Beginning at the line with "pub get_closer_token-Picks : Picks", output each line to the end of the listing below exactly, please.

*** Block opens ***

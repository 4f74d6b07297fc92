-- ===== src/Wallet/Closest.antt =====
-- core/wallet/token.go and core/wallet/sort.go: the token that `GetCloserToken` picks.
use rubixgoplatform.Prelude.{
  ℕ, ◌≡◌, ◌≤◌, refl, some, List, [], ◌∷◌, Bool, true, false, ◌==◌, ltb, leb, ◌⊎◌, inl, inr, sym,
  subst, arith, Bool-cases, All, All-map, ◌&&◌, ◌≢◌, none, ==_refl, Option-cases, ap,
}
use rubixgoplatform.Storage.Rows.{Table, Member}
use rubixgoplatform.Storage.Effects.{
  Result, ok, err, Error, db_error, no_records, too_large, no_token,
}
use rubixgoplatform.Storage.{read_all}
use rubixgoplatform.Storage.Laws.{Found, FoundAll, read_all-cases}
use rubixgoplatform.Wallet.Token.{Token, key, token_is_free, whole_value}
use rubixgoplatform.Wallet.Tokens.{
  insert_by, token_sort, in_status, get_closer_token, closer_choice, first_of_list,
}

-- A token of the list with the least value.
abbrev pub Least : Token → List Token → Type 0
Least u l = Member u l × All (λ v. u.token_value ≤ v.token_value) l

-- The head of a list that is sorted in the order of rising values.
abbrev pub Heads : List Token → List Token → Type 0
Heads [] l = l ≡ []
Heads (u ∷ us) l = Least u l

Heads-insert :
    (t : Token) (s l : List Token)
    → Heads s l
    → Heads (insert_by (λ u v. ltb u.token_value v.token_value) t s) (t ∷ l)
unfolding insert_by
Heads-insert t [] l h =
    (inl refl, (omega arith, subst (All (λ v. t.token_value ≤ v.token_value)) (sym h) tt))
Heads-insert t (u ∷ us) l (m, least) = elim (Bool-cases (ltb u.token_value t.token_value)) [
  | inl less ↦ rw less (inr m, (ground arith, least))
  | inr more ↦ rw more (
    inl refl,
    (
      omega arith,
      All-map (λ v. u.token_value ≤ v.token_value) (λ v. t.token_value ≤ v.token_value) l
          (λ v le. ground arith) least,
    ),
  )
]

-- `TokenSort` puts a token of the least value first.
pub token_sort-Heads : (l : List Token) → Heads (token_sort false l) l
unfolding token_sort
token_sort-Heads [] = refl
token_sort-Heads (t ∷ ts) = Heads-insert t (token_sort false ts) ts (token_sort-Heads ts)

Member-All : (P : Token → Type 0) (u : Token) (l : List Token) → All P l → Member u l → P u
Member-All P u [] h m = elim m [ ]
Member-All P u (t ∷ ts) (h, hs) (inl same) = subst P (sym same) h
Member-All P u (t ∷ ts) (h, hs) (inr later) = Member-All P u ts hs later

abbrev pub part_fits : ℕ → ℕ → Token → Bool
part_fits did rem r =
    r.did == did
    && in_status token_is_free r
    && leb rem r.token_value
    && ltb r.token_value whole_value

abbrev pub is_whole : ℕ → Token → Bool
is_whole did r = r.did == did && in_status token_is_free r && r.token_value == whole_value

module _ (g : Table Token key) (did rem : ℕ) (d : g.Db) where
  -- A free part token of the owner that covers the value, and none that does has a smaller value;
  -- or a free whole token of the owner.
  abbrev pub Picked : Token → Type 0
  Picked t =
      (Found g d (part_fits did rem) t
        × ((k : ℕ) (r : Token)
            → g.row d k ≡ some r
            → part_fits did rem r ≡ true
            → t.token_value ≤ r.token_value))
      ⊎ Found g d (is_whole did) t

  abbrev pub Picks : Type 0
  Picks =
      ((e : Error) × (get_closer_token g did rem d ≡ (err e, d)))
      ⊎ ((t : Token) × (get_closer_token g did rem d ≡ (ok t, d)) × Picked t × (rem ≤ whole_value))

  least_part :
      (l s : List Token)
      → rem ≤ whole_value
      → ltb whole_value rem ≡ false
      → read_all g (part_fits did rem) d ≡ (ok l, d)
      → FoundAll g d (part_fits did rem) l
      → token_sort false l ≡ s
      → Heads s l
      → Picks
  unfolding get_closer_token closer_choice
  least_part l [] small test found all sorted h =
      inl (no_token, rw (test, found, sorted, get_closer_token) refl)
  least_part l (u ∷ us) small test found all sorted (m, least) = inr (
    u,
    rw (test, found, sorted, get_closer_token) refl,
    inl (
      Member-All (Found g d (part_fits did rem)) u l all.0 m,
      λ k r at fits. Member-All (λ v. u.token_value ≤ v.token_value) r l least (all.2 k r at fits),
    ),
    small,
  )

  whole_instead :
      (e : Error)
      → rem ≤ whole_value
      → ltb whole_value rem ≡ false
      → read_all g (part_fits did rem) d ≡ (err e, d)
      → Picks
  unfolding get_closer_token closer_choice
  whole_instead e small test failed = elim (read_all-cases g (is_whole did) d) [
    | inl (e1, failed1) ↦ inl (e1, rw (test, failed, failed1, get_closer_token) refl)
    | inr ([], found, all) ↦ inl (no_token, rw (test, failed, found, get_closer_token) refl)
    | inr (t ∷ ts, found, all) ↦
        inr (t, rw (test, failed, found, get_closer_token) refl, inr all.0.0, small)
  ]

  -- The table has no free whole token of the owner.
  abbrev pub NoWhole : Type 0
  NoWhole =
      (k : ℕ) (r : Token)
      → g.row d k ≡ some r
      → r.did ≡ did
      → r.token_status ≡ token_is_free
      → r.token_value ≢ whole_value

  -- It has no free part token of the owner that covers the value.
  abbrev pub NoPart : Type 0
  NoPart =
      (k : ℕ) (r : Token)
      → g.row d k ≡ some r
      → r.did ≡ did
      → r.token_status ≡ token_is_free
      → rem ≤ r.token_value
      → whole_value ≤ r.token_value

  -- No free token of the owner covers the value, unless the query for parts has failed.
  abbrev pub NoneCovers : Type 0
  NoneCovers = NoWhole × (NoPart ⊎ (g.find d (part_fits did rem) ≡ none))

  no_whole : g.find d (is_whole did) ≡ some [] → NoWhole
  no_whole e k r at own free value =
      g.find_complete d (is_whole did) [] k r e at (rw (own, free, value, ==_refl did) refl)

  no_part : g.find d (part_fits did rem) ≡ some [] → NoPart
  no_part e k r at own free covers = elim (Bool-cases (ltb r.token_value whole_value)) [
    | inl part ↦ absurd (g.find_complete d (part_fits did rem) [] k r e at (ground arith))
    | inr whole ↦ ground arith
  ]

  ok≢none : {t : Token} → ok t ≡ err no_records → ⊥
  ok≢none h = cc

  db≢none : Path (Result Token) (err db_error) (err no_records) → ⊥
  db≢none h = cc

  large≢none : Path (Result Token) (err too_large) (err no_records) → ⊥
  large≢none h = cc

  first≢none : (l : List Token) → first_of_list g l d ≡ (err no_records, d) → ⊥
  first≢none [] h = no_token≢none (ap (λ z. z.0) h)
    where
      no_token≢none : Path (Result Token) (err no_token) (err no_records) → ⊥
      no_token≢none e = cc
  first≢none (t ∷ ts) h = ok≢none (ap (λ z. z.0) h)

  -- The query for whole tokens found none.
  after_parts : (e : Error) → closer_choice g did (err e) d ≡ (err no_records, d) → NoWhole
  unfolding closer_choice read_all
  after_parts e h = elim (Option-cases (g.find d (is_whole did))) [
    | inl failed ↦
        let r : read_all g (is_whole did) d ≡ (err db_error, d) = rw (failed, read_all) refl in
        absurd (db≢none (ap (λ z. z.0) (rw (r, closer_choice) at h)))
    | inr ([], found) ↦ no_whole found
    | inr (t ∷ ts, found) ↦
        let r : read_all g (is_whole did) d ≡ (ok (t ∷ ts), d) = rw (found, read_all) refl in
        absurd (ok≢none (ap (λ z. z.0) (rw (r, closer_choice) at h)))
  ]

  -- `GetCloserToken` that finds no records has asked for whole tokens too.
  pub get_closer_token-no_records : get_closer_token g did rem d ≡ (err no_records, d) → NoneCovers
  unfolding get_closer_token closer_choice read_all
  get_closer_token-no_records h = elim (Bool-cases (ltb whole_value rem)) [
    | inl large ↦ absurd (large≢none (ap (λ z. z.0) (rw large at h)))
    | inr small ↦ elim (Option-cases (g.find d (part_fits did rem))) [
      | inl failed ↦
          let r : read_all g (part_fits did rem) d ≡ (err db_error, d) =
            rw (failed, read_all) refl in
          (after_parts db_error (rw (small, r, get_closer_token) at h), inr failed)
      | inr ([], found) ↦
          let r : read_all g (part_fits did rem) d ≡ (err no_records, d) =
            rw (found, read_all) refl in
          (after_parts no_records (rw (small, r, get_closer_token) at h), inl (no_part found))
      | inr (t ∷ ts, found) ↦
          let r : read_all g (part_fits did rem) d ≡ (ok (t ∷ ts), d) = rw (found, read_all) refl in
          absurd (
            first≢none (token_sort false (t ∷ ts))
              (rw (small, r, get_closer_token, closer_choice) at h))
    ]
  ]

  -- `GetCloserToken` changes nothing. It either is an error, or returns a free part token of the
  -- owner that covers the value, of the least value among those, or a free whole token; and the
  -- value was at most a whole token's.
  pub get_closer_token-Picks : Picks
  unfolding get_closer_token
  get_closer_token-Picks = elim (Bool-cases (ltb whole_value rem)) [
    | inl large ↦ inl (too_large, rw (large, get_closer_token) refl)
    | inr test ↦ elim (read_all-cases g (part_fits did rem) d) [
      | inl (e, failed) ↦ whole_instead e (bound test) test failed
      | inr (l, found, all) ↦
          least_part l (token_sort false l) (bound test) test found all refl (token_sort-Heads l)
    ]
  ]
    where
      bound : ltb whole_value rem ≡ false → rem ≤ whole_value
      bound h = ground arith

*** Block closes ***

-- Solution for this task --
  pub get_closer_token-Picks : Picks
  unfolding get_closer_token
  get_closer_token-Picks = elim (Bool-cases (ltb whole_value rem)) [
    | inl large ↦ inl (too_large, rw (large, get_closer_token) refl)
    | inr test ↦ elim (read_all-cases g (part_fits did rem) d) [
      | inl (e, failed) ↦ whole_instead e (bound test) test failed
      | inr (l, found, all) ↦
          least_part l (token_sort false l) (bound test) test found all refl (token_sort-Heads l)
    ]
  ]
    where
      bound : ltb whole_value rem ≡ false → rem ≤ whole_value
      bound h = ground arith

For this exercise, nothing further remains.